- **Work instruction**
Check each line of the material below for "replicate" and copy those where it appears.

======== Records for the exercise

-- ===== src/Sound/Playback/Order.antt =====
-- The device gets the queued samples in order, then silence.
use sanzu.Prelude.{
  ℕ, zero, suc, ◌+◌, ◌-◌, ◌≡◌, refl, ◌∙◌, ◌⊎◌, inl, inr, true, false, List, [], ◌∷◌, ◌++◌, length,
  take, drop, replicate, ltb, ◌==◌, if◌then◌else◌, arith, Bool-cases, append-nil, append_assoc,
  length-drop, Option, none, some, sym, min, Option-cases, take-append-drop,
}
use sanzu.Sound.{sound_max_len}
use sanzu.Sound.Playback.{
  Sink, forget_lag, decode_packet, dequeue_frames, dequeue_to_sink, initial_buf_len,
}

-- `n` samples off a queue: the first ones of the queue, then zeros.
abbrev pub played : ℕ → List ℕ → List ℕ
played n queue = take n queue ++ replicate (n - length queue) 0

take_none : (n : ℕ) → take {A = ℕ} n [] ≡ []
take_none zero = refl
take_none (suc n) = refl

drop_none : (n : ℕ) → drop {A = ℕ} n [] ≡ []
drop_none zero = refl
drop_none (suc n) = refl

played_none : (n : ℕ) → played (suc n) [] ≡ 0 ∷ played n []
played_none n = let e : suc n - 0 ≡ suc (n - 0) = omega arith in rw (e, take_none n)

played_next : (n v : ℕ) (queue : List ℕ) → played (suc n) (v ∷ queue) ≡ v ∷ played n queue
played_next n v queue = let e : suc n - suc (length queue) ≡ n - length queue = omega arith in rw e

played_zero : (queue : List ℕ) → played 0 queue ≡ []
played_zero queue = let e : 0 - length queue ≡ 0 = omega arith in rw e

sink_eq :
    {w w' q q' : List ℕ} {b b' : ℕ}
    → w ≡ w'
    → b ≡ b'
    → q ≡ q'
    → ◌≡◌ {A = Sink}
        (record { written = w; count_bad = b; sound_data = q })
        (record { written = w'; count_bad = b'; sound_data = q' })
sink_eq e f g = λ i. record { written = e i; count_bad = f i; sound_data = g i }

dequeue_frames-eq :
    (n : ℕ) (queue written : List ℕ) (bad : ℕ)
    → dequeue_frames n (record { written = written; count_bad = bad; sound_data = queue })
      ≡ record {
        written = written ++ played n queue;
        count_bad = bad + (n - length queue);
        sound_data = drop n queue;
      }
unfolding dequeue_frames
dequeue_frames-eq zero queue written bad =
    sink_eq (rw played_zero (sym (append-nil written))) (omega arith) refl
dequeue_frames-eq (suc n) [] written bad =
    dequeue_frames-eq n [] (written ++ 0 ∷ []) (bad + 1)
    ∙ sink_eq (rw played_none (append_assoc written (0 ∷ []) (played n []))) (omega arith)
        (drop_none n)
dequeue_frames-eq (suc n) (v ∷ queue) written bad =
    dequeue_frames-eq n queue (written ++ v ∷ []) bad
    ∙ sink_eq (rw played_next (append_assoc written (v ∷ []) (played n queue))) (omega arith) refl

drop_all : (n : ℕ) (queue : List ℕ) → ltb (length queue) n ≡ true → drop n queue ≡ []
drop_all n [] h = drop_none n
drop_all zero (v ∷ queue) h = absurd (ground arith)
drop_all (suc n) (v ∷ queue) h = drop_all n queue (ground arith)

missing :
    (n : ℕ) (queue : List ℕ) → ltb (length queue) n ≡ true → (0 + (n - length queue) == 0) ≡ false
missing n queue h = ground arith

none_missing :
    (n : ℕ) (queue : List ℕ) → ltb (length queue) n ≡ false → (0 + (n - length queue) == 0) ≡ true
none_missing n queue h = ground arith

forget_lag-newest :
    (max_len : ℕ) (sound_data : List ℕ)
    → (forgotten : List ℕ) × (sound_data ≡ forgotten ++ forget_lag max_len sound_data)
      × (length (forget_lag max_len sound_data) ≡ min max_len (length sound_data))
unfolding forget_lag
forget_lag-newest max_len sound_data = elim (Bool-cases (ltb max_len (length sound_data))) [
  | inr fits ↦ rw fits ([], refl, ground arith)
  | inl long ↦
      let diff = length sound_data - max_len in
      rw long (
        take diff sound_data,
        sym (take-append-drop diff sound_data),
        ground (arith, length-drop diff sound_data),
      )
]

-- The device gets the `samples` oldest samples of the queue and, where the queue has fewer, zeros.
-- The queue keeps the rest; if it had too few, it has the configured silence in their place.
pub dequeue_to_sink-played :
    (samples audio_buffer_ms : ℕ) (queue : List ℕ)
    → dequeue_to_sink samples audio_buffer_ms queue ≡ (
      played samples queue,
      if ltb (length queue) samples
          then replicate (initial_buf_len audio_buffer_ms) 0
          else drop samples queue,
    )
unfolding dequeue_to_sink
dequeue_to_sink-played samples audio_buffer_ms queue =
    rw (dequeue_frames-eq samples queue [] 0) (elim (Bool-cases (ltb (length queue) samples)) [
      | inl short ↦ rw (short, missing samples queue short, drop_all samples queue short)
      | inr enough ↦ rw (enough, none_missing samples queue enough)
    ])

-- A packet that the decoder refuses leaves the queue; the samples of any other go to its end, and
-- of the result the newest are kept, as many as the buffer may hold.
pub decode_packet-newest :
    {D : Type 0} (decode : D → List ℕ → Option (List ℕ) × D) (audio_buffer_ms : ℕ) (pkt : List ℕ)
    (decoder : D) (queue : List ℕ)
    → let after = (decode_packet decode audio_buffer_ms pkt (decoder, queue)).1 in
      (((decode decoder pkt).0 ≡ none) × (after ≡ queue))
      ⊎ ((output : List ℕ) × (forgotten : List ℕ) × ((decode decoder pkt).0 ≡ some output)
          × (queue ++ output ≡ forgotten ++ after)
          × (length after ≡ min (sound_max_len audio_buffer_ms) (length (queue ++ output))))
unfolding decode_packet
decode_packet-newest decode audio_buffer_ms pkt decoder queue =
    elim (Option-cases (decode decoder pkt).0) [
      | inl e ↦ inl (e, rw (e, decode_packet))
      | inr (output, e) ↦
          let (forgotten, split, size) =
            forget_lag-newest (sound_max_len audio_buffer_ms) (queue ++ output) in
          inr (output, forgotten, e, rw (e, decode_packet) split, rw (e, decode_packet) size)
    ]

================

- **Output below**
  take, drop, replicate, ltb, ◌==◌, if◌then◌else◌, arith, Bool-cases, append-nil, append_assoc,
played n queue = take n queue ++ replicate (n - length queue) 0
          then replicate (initial_buf_len audio_buffer_ms) 0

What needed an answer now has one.